> **How to complete this task**
Write down each entry again, exactly as it reads.

[[ Input material, beginning ]]

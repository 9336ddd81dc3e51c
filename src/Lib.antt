-- ===== src/Lib.antt =====
-- Verification of tobs, an exporter of Telegram chats.
--
-- The parts of the program and how they interact. A sharded export
-- (src/telegram_sharded_client.py) decides its identifier range, cuts it into chunks whose sizes
-- the hot zones (src/hot_zones_manager.py) determine, and lets several workers fetch the chunks
-- from a shared task queue into message queues, which a collector joins and sorts. The
-- asynchronous pipeline (src/export/pipeline.py) takes the messages that a fetch yields,
-- processes them concurrently and writes them in order. Media of the messages go to the download
-- queue (src/media/download_queue.py), whose workers run beside the export. The input peer cache
-- (src/input_peer_cache.py) stands between the program and the resolution of entities. An export
-- without shards can take its messages from a prefetching producer
-- (src/export/prefetch_processor.py); the exporter (src/export/exporter.py) processes them in
-- batches, writes their texts to the file of the chat, and passes its state to the cache manager.
-- The messages come from the client (src/telegram_client.py), page by page. The cache manager
-- (src/core/cache.py) keeps what the parts remember from one run to the next, and the connection
-- manager (src/core/connection.py) runs operations in task pools with retries and time-outs. Both
-- loops of an export ask the shutdown manager (src/shutdown_manager.py) whether to stop. Apart
-- from these stand the batching of log messages (src/logging/log_batcher.py), the clean-up of old
-- session files (src/session_gc.py) and the choice of workers for a datacenter
-- (src/telegram_dc_utils.py).
--
-- Files. Prelude: numbers, tests, lists and permutations that all parts share. Dict: Python's
-- dictionaries. Shard.Zones: HotZone, HotZonesManager.get_optimal_chunk_size,
-- get_chunk_size_for_density and analyze_and_update_hot_zones. Shard.Chunks: the loop of step 3
-- of fetch_messages. Shard.Fetch: _fetch_chunk_streaming. Shard.Export: _worker_task_streaming,
-- MessageQueue and steps 4 and 5 of fetch_messages. Shard.Bounds: the decision to shard and the
-- identifier range of fetch_messages. Pipeline: AsyncPipeline.run, its writer in
-- Pipeline.Writing. Downloads: MediaDownloadQueue. PeerCache: InputPeerCache. CoreCache:
-- CacheManager, with the compression in CoreCache.Codec, the entries in CoreCache.Entry and the
-- files in CoreCache.Saved. Prefetch: PrefetchBatchProcessor. Client:
-- TelegramManager.fetch_messages. Exporter: EntityCacheData, the results of a batch,
-- _batch_cache_set, _flush_cache_batch and the last saves of TelegramExporter; Exporter.Batches: the loops of
-- _export_regular_target and _export_with_prefetch with _process_batch_with_stats;
-- Exporter.Saver: AsyncBufferedSaver and _update_message_count; Exporter.Whole: fetch_messages,
-- the loop and the file together; Exporter.Bloom: BloomFilter. Pool: AdaptiveTaskPool. Retry: the
-- delays, time-outs and the loop execute_with_retry of ConnectionManager. LogBatcher: LogBatcher.
-- Shutdown: ShutdownManager. HashDedup: HashBasedDeduplicator. Sessions: SessionGC. Routing:
-- DCRouter. The modules below these hold the proofs, the Tests modules runs at concrete inputs.
--
-- The model. Identifiers, sizes, counts and times are natural numbers; times are in milliseconds
-- in Shard and in seconds in PeerCache, densities in thousandths. The server and the clock are
-- parameters: Shard.Fetch.World gives an answer, a latency and durations for the number of
-- requests made. What a theorem needs of the server is Shard.Fetch.Paging.Serves: it answers a
-- history request with the first messages of the range, newest first, at most as many as asked
-- for, it never fails, and it does not ask to wait more than `patience` times in a row. Tasks of
-- the event loop are step relations, one step for what happens between two suspension points, so
-- a theorem about all runs is about all interleavings; in Prefetch and Pool they are functions of
-- a list of turns or of events, over every such list. In CoreCache the libraries for bytes (JSON,
-- msgpack, zlib, base64, UTF-8) are parameters, and what is needed of them stands in
-- Codec.Roundtrip.AreInverse and Saved.Reload.Inverse: each reads back what it wrote, JSON and msgpack
-- only the objects of a predicate IsJson, since they change others (the keys of a dictionary that
-- are numbers, tuples, sets). Pool counts in
-- microseconds. Retry computes with exact fractions of milliseconds where the code has floats;
-- its operation and its random factors are parameters. In Exporter the processing of a message,
-- the cache manager and the replacement of the placeholder are parameters, each place where a
-- request for a shutdown is looked at has its own Boolean, and the saver is the list of its
-- operations on the disk, so that a crash is a prefix of it. In Exporter.Bloom the hash modulo
-- the size is a parameter, which Exporter.Bloom.Members.InRange says to be below the size, and so
-- is base64. In Client the outcome of each call of get_messages and its pages are parameters;
-- Client.Fetched.Pages says that a page has the first messages after the offset and the least id.
-- An exception is a value: Shard.Fetch.Outcome for a fetch, the item `failure` for the pipeline's
-- process function.
--
-- Fuel. create_chunks takes a bound on its rounds; more than the number of identifiers of the
-- range is enough, since each round advances. send takes a bound on attempts; `patience` is
-- enough. fetch_pages takes a bound on pages; more than the number of identifiers is enough.
-- Running out of fuel is an outcome of its own, which the theorems exclude. flush takes the size
-- of the buffer, since each round removes an item. fetch_messages takes a bound on pages; more
-- than the number of messages is enough.
--
-- Not modelled: files, the terminal, external programs and the Telethon library; the batch load
-- of sender entities and the slow chunk database in _fetch_chunk_streaming; the bound of the
-- message queues, which only delays a worker; in the pipeline the timings, the sentinels and the
-- exits on a shutdown request; in the download queue stop, the byte and time statistics and the
-- callbacks, with the assumption that a cancellation reaches its worker before the next time-out;
-- the queues of size 0, which asyncio does not bound, in the pipeline; the ids of a resumed export, which
-- the exporter never has; the task runner and the calls kept for old users in the cache manager; the average times, the
-- progress of downloads and the monitoring in the connection manager, whose statistics of one
-- operation are taken to be used by one caller at a time; the times in the prefetching producer;
-- the background thread of the log batcher, which only calls flush; the file based workers, which
-- fetch_messages does not use; in the exporter the sizes the Bloom filter computes with
-- logarithms, the text of a message, the asynchronous pipeline's path, forums, the loading of a
-- state to resume from, statistics and progress display, and errors of opening and writing files;
-- in the client everything but fetch_messages.
pub mod Prelude
pub mod Dict
pub mod Shard
pub mod Shutdown
pub mod Pipeline
pub mod LogBatcher
pub mod PeerCache
pub mod Pool
pub mod Prefetch
pub mod Downloads
pub mod Retry
pub mod Routing
pub mod Sessions
pub mod Exporter
pub mod HashDedup
pub mod Client
pub mod CoreCache
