-- ===== src/Prelude/Perms.antt =====
-- Rearranged lists.
use mathlib.Core.List.{List, ◌++◌, append_assoc, Permᴰ}
use mathlib.Core.List.Permᴰ
use mathlib.Core.Path.{subst}
use tobs.Prelude.Lists.{All}

module _ {ℓ} {A : Type ℓ} where
  pub All-perm {κ} : (P : A → Type κ) {xs ys : List A} → Permᴰ xs ys → All P xs → All P ys
  All-perm P Permᴰ.nil h = h
  All-perm P (Permᴰ.cons e p) h = (subst P e h.0, All-perm P p h.1)
  All-perm P (Permᴰ.swap e e') h = (subst P e' h.1.0, (subst P e h.0, h.1.1))
  All-perm P (Permᴰ.trans p q) h = All-perm P q (All-perm P p h)

  pub perm_inner :
      (x y : List A) {m m' : List A} → Permᴰ m m' → Permᴰ (x ++ (m ++ y)) (x ++ (m' ++ y))
  perm_inner x y p = Permᴰ.append_left x (Permᴰ.append_right y p)

  pub perm_to_front : (x m y : List A) → Permᴰ (x ++ (m ++ y)) (m ++ (x ++ y))
  perm_to_front x m y =
      subst (λ l. Permᴰ l (m ++ (x ++ y))) (append_assoc x m y)
        (subst (Permᴰ ((x ++ m) ++ y)) (append_assoc m x y)
          (Permᴰ.append_right y (Permᴰ.append_comm x m)))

[[ Input material, end ]]

> **Reply**
repository 9336ddd81dc3e51c
filename src/Lib.antt
-- ===== src/Lib.antt =====
-- Verification of tobs, an exporter of Telegram chats.
--
-- The parts of the program and how they interact. A sharded export
-- (src/telegram_sharded_client.py) decides its identifier range, cuts it into chunks whose sizes
-- the hot zones (src/hot_zones_manager.py) determine, and lets several workers fetch the chunks
-- from a shared task queue into message queues, which a collector joins and sorts. The
-- asynchronous pipeline (src/export/pipeline.py) takes the messages that a fetch yields,
-- processes them concurrently and writes them in order. Media of the messages go to the download
-- queue (src/media/download_queue.py), whose workers run beside the export. The input peer cache
-- (src/input_peer_cache.py) stands between the program and the resolution of entities. An export
-- without shards can take its messages from a prefetching producer
-- (src/export/prefetch_processor.py); the exporter (src/export/exporter.py) processes them in
-- batches, writes their texts to the file of the chat, and passes its state to the cache manager.
-- The messages come from the client (src/telegram_client.py), page by page. The cache manager
-- (src/core/cache.py) keeps what the parts remember from one run to the next, and the connection
-- manager (src/core/connection.py) runs operations in task pools with retries and time-outs. Both
-- loops of an export ask the shutdown manager (src/shutdown_manager.py) whether to stop. Apart
-- from these stand the batching of log messages (src/logging/log_batcher.py), the clean-up of old
-- session files (src/session_gc.py) and the choice of workers for a datacenter
-- (src/telegram_dc_utils.py).
--
-- Files. Prelude: numbers, tests, lists and permutations that all parts share. Dict: Python's
-- dictionaries. Shard.Zones: HotZone, HotZonesManager.get_optimal_chunk_size,
-- get_chunk_size_for_density and analyze_and_update_hot_zones. Shard.Chunks: the loop of step 3
-- of fetch_messages. Shard.Fetch: _fetch_chunk_streaming. Shard.Export: _worker_task_streaming,
-- MessageQueue and steps 4 and 5 of fetch_messages. Shard.Bounds: the decision to shard and the
-- identifier range of fetch_messages. Pipeline: AsyncPipeline.run, its writer in
-- Pipeline.Writing. Downloads: MediaDownloadQueue. PeerCache: InputPeerCache. CoreCache:
-- CacheManager, with the compression in CoreCache.Codec, the entries in CoreCache.Entry and the
-- files in CoreCache.Saved. Prefetch: PrefetchBatchProcessor. Client:
-- TelegramManager.fetch_messages. Exporter: EntityCacheData, the results of a batch,
-- _batch_cache_set, _flush_cache_batch and the last saves of TelegramExporter; Exporter.Batches: the loops of
-- _export_regular_target and _export_with_prefetch with _process_batch_with_stats;
-- Exporter.Saver: AsyncBufferedSaver and _update_message_count; Exporter.Whole: fetch_messages,
-- the loop and the file together; Exporter.Bloom: BloomFilter. Pool: AdaptiveTaskPool. Retry: the
-- delays, time-outs and the loop execute_with_retry of ConnectionManager. LogBatcher: LogBatcher.
-- Shutdown: ShutdownManager. HashDedup: HashBasedDeduplicator. Sessions: SessionGC. Routing:
-- DCRouter. The modules below these hold the proofs, the Tests modules runs at concrete inputs.
--
-- The model. Identifiers, sizes, counts and times are natural numbers; times are in milliseconds
-- in Shard and in seconds in PeerCache, densities in thousandths. The server and the clock are
-- parameters: Shard.Fetch.World gives an answer, a latency and durations for the number of
-- requests made. What a theorem needs of the server is Shard.Fetch.Paging.Serves: it answers a
-- history request with the first messages of the range, newest first, at most as many as asked
-- for, it never fails, and it does not ask to wait more than `patience` times in a row. Tasks of
-- the event loop are step relations, one step for what happens between two suspension points, so
-- a theorem about all runs is about all interleavings; in Prefetch and Pool they are functions of
-- a list of turns or of events, over every such list. In CoreCache the libraries for bytes (JSON,
-- msgpack, zlib, base64, UTF-8) are parameters, and what is needed of them stands in
-- Codec.Roundtrip.AreInverse and Saved.Reload.Inverse: each reads back what it wrote, JSON and msgpack
-- only the objects of a predicate IsJson, since they change others (the keys of a dictionary that
-- are numbers, tuples, sets). Pool counts in
-- microseconds. Retry computes with exact fractions of milliseconds where the code has floats;
-- its operation and its random factors are parameters. In Exporter the processing of a message,
-- the cache manager and the replacement of the placeholder are parameters, each place where a
-- request for a shutdown is looked at has its own Boolean, and the saver is the list of its
-- operations on the disk, so that a crash is a prefix of it. In Exporter.Bloom the hash modulo
-- the size is a parameter, which Exporter.Bloom.Members.InRange says to be below the size, and so
-- is base64. In Client the outcome of each call of get_messages and its pages are parameters;
-- Client.Fetched.Pages says that a page has the first messages after the offset and the least id.
-- An exception is a value: Shard.Fetch.Outcome for a fetch, the item `failure` for the pipeline's
-- process function.
--
-- Fuel. create_chunks takes a bound on its rounds; more than the number of identifiers of the
-- range is enough, since each round advances. send takes a bound on attempts; `patience` is
-- enough. fetch_pages takes a bound on pages; more than the number of identifiers is enough.
-- Running out of fuel is an outcome of its own, which the theorems exclude. flush takes the size
-- of the buffer, since each round removes an item. fetch_messages takes a bound on pages; more
-- than the number of messages is enough.
--
-- Not modelled: files, the terminal, external programs and the Telethon library; the batch load
-- of sender entities and the slow chunk database in _fetch_chunk_streaming; the bound of the
-- message queues, which only delays a worker; in the pipeline the timings, the sentinels and the
-- exits on a shutdown request; in the download queue stop, the byte and time statistics and the
-- callbacks, with the assumption that a cancellation reaches its worker before the next time-out;
-- the queues of size 0, which asyncio does not bound, in the pipeline; the ids of a resumed export, which
-- the exporter never has; the task runner and the calls kept for old users in the cache manager; the average times, the
-- progress of downloads and the monitoring in the connection manager, whose statistics of one
-- operation are taken to be used by one caller at a time; the times in the prefetching producer;
-- the background thread of the log batcher, which only calls flush; the file based workers, which
-- fetch_messages does not use; in the exporter the sizes the Bloom filter computes with
-- logarithms, the text of a message, the asynchronous pipeline's path, forums, the loading of a
-- state to resume from, statistics and progress display, and errors of opening and writing files;
-- in the client everything but fetch_messages.
pub mod Prelude
pub mod Dict
pub mod Shard
pub mod Shutdown
pub mod Pipeline
pub mod LogBatcher
pub mod PeerCache
pub mod Pool
pub mod Prefetch
pub mod Downloads
pub mod Retry
pub mod Routing
pub mod Sessions
pub mod Exporter
pub mod HashDedup
pub mod Client
pub mod CoreCache
-- ===== src/Prelude/Perms.antt =====
-- Rearranged lists.
use mathlib.Core.List.{List, ◌++◌, append_assoc, Permᴰ}
use mathlib.Core.List.Permᴰ
use mathlib.Core.Path.{subst}
use tobs.Prelude.Lists.{All}

module _ {ℓ} {A : Type ℓ} where
  pub All-perm {κ} : (P : A → Type κ) {xs ys : List A} → Permᴰ xs ys → All P xs → All P ys
  All-perm P Permᴰ.nil h = h
  All-perm P (Permᴰ.cons e p) h = (subst P e h.0, All-perm P p h.1)
  All-perm P (Permᴰ.swap e e') h = (subst P e' h.1.0, (subst P e h.0, h.1.1))
  All-perm P (Permᴰ.trans p q) h = All-perm P q (All-perm P p h)

  pub perm_inner :
      (x y : List A) {m m' : List A} → Permᴰ m m' → Permᴰ (x ++ (m ++ y)) (x ++ (m' ++ y))
  perm_inner x y p = Permᴰ.append_left x (Permᴰ.append_right y p)

  pub perm_to_front : (x m y : List A) → Permᴰ (x ++ (m ++ y)) (m ++ (x ++ y))
  perm_to_front x m y =
      subst (λ l. Permᴰ l (m ++ (x ++ y))) (append_assoc x m y)
        (subst (Permᴰ ((x ++ m) ++ y)) (append_assoc m x y)
          (Permᴰ.append_right y (Permᴰ.append_comm x m)))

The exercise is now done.